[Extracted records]
◇ ◇ ◇ ◇ ◇

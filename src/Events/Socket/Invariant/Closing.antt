-- ===== src/Events/Socket/Invariant/Closing.antt =====
-- Closing a connection keeps the connections and the bridge linked.
use recipe_import_from_anyth.Base.{
  ℕ, ◌≡◌, inl, inr, sym, ap, subst, true, String, ◌==◌, some, [], ◌∷◌, arith, eq_iff, Bool-cases,
  mem-filter_by, mem-kept,
}
use mathlib.Core.List.{Memᴰ}
use recipe_import_from_anyth.Base.Map.{Map}
use recipe_import_from_anyth.Ids.{UserId}
use recipe_import_from_anyth.Events.Bridge.{Sender, Bridge, remove_subscription, dispatch}
use recipe_import_from_anyth.Events.Bridge.Callbacks.{other_than, dispatch-remove}
use recipe_import_from_anyth.Events.Socket.{job_id, remove_each}
use recipe_import_from_anyth.Events.Socket.Invariant.{Held, put, IsLinked}
use recipe_import_from_anyth.Events.Socket.Invariant.Removal.{
  IsCut, IsCut-IsLinked, other_connection, other_than_self,
}

module _ (user : UserId) (j : String) (x : Sender) where
  -- What the loop leaves was there, and is none of the entries.
  remove_each-left :
      (entries : Map Sender) (b : Bridge)
      → Memᴰ x (dispatch j (remove_each user entries b))
      → Memᴰ x (dispatch j b) × ((y : Sender) → Memᴰ (j, y) entries → other_than y x ≡ true)
  unfolding remove_each
  remove_each-left [] b m = (m, λ y h. elim h [ ])
  remove_each-left ((k, send) ∷ entries) b m =
      let (rest, apart) =
        remove_each-left entries (remove_subscription (job_id k) user (some send) b) m in
      elim (Bool-cases (k == j)) [
        | inl same ↦
            let (old, h) =
              mem-filter_by (other_than send) x (dispatch j b)
                (rw (dispatch-remove j (job_id k) user send b, same) at rest) in
            (
              old,
              λ y n. elim n [
                | Memᴰ.head e ↦ rw (ap (λ (p : String × Sender). p.1) e) h
                | Memᴰ.tail t ↦ apart y t
              ],
            )
        | inr other ↦ (
          rw (dispatch-remove j (job_id k) user send b, other) at rest,
          λ y n. elim n [
            | Memᴰ.head e ↦ absurd (ground (arith, eq_iff k j, ap (λ (p : String × Sender). p.0) e))
            | Memᴰ.tail t ↦ apart y t
          ],
        )
      ]

  -- The loop keeps what is none of the entries.
  remove_each-kept :
      (entries : Map Sender) (b : Bridge)
      → Memᴰ x (dispatch j b)
      → ((y : Sender) → Memᴰ (j, y) entries → other_than y x ≡ true)
      → Memᴰ x (dispatch j (remove_each user entries b))
  unfolding remove_each
  remove_each-kept [] b m apart = m
  remove_each-kept ((k, send) ∷ entries) b m apart =
      remove_each-kept entries (remove_subscription (job_id k) user (some send) b)
        (elim (Bool-cases (k == j)) [
          | inl same ↦
              rw (dispatch-remove j (job_id k) user send b, same)
                (mem-kept (other_than send) x (dispatch j b) m
                  (apart send (Memᴰ.head (ground (arith, eq_iff k j)))))
          | inr other ↦ rw (dispatch-remove j (job_id k) user send b, other) m
        ])
        (λ y t. apart y (Memᴰ.tail t))

module _ (held : Held) (b : Bridge) (next : ℕ) (linked : IsLinked held b next) (c : ℕ)
    (user : UserId) where
  closed-IsCut : IsCut held b next linked c [] (remove_each user (held c) b)
  closed-IsCut = record {
    keyed = λ j x m. elim m [ ];
    fewer = λ j x m. elim m [ ];
    called = λ j x m. elim m [ ];
    others = λ d j x ne m.
        remove_each-kept user j x (held c) b (linked.called d j x m)
          (λ y n. other_connection held b next linked c d j j x y ne n m);
    registered = λ j x m.
        let (old, apart) = remove_each-left user j x (held c) b m in
        (
          old,
          λ own. absurd (
              other_than_self x (
                apart x (subst (λ k. Memᴰ (j, x) (held k)) (sym own) (linked.registered j x old)))),
        );
  }

  pub close-IsLinked : IsLinked (put held c []) (remove_each user (held c) b) next
  close-IsLinked = IsCut-IsLinked held b next linked c [] _ closed-IsCut
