-- ===== src/Events/Socket/Consistent.antt =====
-- Every event of a socket keeps the server consistent.
use mathlib.Core.Path.{fun_ext}
use recipe_import_from_anyth.Base.{
  ℕ, suc, ◌≤◌, ◌≡◌, inl, inr, refl, sym, ap, subst, ◌∙◌, false, String, Option, none, some, [], eqb,
  if◌then◌else◌, arith, Bool-cases,
}
use recipe_import_from_anyth.Base.Map
use recipe_import_from_anyth.Base.Map.{Map}
use recipe_import_from_anyth.Base.Map.Entries.{delete_absent}
use recipe_import_from_anyth.Ids.{UserId}
use recipe_import_from_anyth.Events.Bridge.{Sender, Bridge}
use recipe_import_from_anyth.Events.Socket.{
  closed_state, is_closed, close_socket, WebSocketConnection, WsMessage, auth, ping, subscribe,
  unsubscribe, Server, update, add_sender, remove_sender, remove_entry, handle_for, handle_from,
  on_message, cleanup_bridge, on_close, on_authenticated, Event, opened, message, authenticated,
  closed, fresh_connection, step,
}
use recipe_import_from_anyth.Events.Socket.Invariant.{Held, put, IsLinked}
use recipe_import_from_anyth.Events.Socket.Invariant.Steps.{add-IsLinked}
use recipe_import_from_anyth.Events.Socket.Invariant.Removal.{unsubscribe-IsLinked}
use recipe_import_from_anyth.Events.Socket.Invariant.Closing.{close-IsLinked}

abbrev pub held_by : (ℕ → WebSocketConnection) → Held
held_by connections c = (connections c).subscriptions

-- The connections and the bridge are linked, and a connection without a user, one that is closed
-- and one that was never opened hold no callback.
pub record IsConsistent (s : Server) : Type 0 where
  pub linked : IsLinked (held_by s.connections) s.bridge s.next_serial
  pub anonymous : (c : ℕ) → (s.connections c).user_id ≡ none → (s.connections c).subscriptions ≡ []
  pub shut : (c : ℕ) → (s.connections c).state ≡ closed_state → (s.connections c).subscriptions ≡ []
  pub unopened : (c : ℕ) → s.next_connection ≤ c → (s.connections c).state ≡ closed_state

field-update :
    (connections : ℕ → WebSocketConnection) (c : ℕ) (conn : WebSocketConnection) (d : ℕ)
    → (update connections c conn d).subscriptions
      ≡ (if eqb c d then conn.subscriptions else (connections d).subscriptions)
field-update connections c conn d = ground arith

held_by-update :
    (connections : ℕ → WebSocketConnection) (c : ℕ) (conn : WebSocketConnection)
    → held_by (update connections c conn) ≡ put (held_by connections) c conn.subscriptions
held_by-update connections c conn = fun_ext (field-update connections c conn)

put_self : (held : Held) (c : ℕ) → put held c (held c) ≡ held
put_self held c = fun_ext (λ d. ground arith)

module _ (s : Server) (ok : IsConsistent s) (c : ℕ) where
  -- A change of one connection, of the bridge and of the counters.
  change-IsConsistent :
      (conn : WebSocketConnection) (b : Bridge) (count next : ℕ)
      → IsLinked (put (held_by s.connections) c conn.subscriptions) b next
      → (conn.user_id ≡ none → conn.subscriptions ≡ [])
      → (conn.state ≡ closed_state → conn.subscriptions ≡ [])
      → s.next_connection ≤ count
      → (count ≤ c → conn.state ≡ closed_state)
      → IsConsistent (record {
        connections = update s.connections c conn;
        bridge = b;
        next_connection = count;
        next_serial = next;
      })
  change-IsConsistent conn b count next linked anonymous shut more unopened = record {
    linked =
        subst (λ held. IsLinked held b next) (sym (held_by-update s.connections c conn)) linked;
    anonymous = λ d. elim (Bool-cases (eqb c d)) [
      | inl same ↦ rw same anonymous
      | inr other ↦ rw other (ok.anonymous d)
    ];
    shut = λ d. elim (Bool-cases (eqb c d)) [
      | inl same ↦ rw same shut
      | inr other ↦ rw other (ok.shut d)
    ];
    unopened = λ d h. elim (Bool-cases (eqb c d)) [
      | inl same ↦ rw same (unopened (ground arith))
      | inr other ↦ rw other (ok.unopened d (omega (arith, h, more)))
    ];
  }

  -- A change of a connection that leaves its callbacks alone.
  same-IsLinked :
      (m : Map Sender)
      → m ≡ (s.connections c).subscriptions
      → IsLinked (put (held_by s.connections) c m) s.bridge s.next_serial
  same-IsLinked m e =
      subst (λ held. IsLinked held s.bridge s.next_serial)
        (sym (ap (put (held_by s.connections) c) e ∙ put_self (held_by s.connections) c)) ok.linked

  on_authenticated-IsConsistent :
      (user : Option UserId) → IsConsistent (on_authenticated s c user).0
  unfolding on_authenticated
  on_authenticated-IsConsistent none =
      change-IsConsistent
        (record (s.connections c) { state = close_socket (s.connections c).state }) s.bridge
        s.next_connection s.next_serial (same-IsLinked _ refl) (ok.anonymous c)
        (λ h. ok.shut c (ground arith)) (omega arith) (λ h. rw (ok.unopened c h) refl)
  on_authenticated-IsConsistent (some user) =
      change-IsConsistent (record (s.connections c) { user_id = some user }) s.bridge
        s.next_connection s.next_serial (same-IsLinked _ refl) (λ h. cc) (ok.shut c) (omega arith)
        (ok.unopened c)

  cleanup-IsLinked :
      (user : Option UserId)
      → (s.connections c).user_id ≡ user
      → IsLinked
          (put (held_by s.connections) c [])
          (cleanup_bridge user (s.connections c).subscriptions s.bridge)
          s.next_serial
  unfolding cleanup_bridge
  cleanup-IsLinked none e = same-IsLinked [] (sym (ok.anonymous c e))
  cleanup-IsLinked (some user) e =
      close-IsLinked (held_by s.connections) s.bridge s.next_serial ok.linked c user

  on_close-IsConsistent : IsConsistent (on_close s c)
  unfolding on_close
  on_close-IsConsistent =
      change-IsConsistent (record (s.connections c) { state = closed_state; subscriptions = [] })
        (cleanup_bridge (s.connections c).user_id (s.connections c).subscriptions s.bridge)
        s.next_connection s.next_serial (cleanup-IsLinked (s.connections c).user_id refl)
        (λ h. refl) (λ h. refl) (omega arith) (λ h. refl)

  module _ (alive : is_closed (s.connections c).state ≡ false) (user : UserId)
      (named : (s.connections c).user_id ≡ some user) where
    -- A change of the callbacks of a connection that has a user and is not closed.
    resubscribed-IsConsistent :
        (m : Map Sender) (b : Bridge) (next : ℕ)
        → IsLinked (put (held_by s.connections) c m) b next
        → IsConsistent (record {
          connections = update s.connections c (record (s.connections c) { subscriptions = m });
          bridge = b;
          next_connection = s.next_connection;
          next_serial = next;
        })
    resubscribed-IsConsistent m b next linked =
        change-IsConsistent (record (s.connections c) { subscriptions = m }) b s.next_connection
          next linked (λ h. cc) (λ h. absurd (ground arith)) (omega arith) (ok.unopened c)

    add_sender-IsConsistent :
        (job : String) (old : Option Sender)
        → Map.get job (s.connections c).subscriptions ≡ old
        → IsConsistent (add_sender s c (s.connections c) user job old)
    unfolding add_sender
    add_sender-IsConsistent job (some send) e = ok
    add_sender-IsConsistent job none e =
        resubscribed-IsConsistent _ _ (suc s.next_serial)
          (add-IsLinked (held_by s.connections) s.bridge s.next_serial ok.linked c job user e)

    remove_sender-IsLinked :
        (job : String) (old : Option Sender)
        → Map.get job (s.connections c).subscriptions ≡ old
        → IsLinked
            (put (held_by s.connections) c (Map.delete job (s.connections c).subscriptions))
            (remove_sender s.bridge user job old)
            s.next_serial
    unfolding remove_sender
    remove_sender-IsLinked job none e = same-IsLinked _ (delete_absent job _ e)
    remove_sender-IsLinked job (some send) e =
        unsubscribe-IsLinked (held_by s.connections) s.bridge s.next_serial ok.linked c job user
          send e

    handle_for-IsConsistent :
        (m : WsMessage) → IsConsistent (handle_for s c (s.connections c) user m).0
    unfolding handle_for remove_entry
    handle_for-IsConsistent auth = ok
    handle_for-IsConsistent ping = ok
    handle_for-IsConsistent (subscribe job) = add_sender-IsConsistent job _ refl
    handle_for-IsConsistent (unsubscribe job) =
        resubscribed-IsConsistent _ _ s.next_serial (remove_sender-IsLinked job _ refl)

  handle_from-IsConsistent :
      (user : Option UserId) (m : WsMessage)
      → is_closed (s.connections c).state ≡ false
      → (s.connections c).user_id ≡ user
      → IsConsistent (handle_from s c (s.connections c) user m).0
  unfolding handle_from
  handle_from-IsConsistent none auth alive e = ok
  handle_from-IsConsistent none _ alive e = ok
  handle_from-IsConsistent (some user) m alive e = handle_for-IsConsistent alive user e m

  on_message-IsConsistent :
      (m : Option WsMessage)
      → is_closed (s.connections c).state ≡ false
      → IsConsistent (on_message s c m).0
  unfolding on_message
  on_message-IsConsistent none alive = ok
  on_message-IsConsistent (some m) alive =
      handle_from-IsConsistent (s.connections c).user_id m alive refl

opened-IsConsistent : (s : Server) → IsConsistent s → IsConsistent (step s opened)
unfolding step
opened-IsConsistent s ok =
    let c = s.next_connection in
    change-IsConsistent s ok c fresh_connection s.bridge (suc c) s.next_serial
      (same-IsLinked s ok c [] (sym (ok.shut c (ok.unopened c (omega arith))))) (λ h. refl)
      (λ h. cc) (omega arith) (λ h. absurd (omega (arith, h)))

pub step-IsConsistent : (s : Server) (e : Event) → IsConsistent s → IsConsistent (step s e)
unfolding step
step-IsConsistent s opened ok = opened-IsConsistent s ok
step-IsConsistent s (message c m) ok = elim (Bool-cases (is_closed (s.connections c).state)) [
  | inl gone ↦ rw gone ok
  | inr alive ↦ rw alive (on_message-IsConsistent s ok c m alive)
]
step-IsConsistent s (authenticated c user) ok = on_authenticated-IsConsistent s ok c user
step-IsConsistent s (closed c) ok = on_close-IsConsistent s ok c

◇ ◇ ◇ ◇ ◇

**Exercise description**
State how many lines in the records above contain the word "false", and give only that number.

**Written answer**
4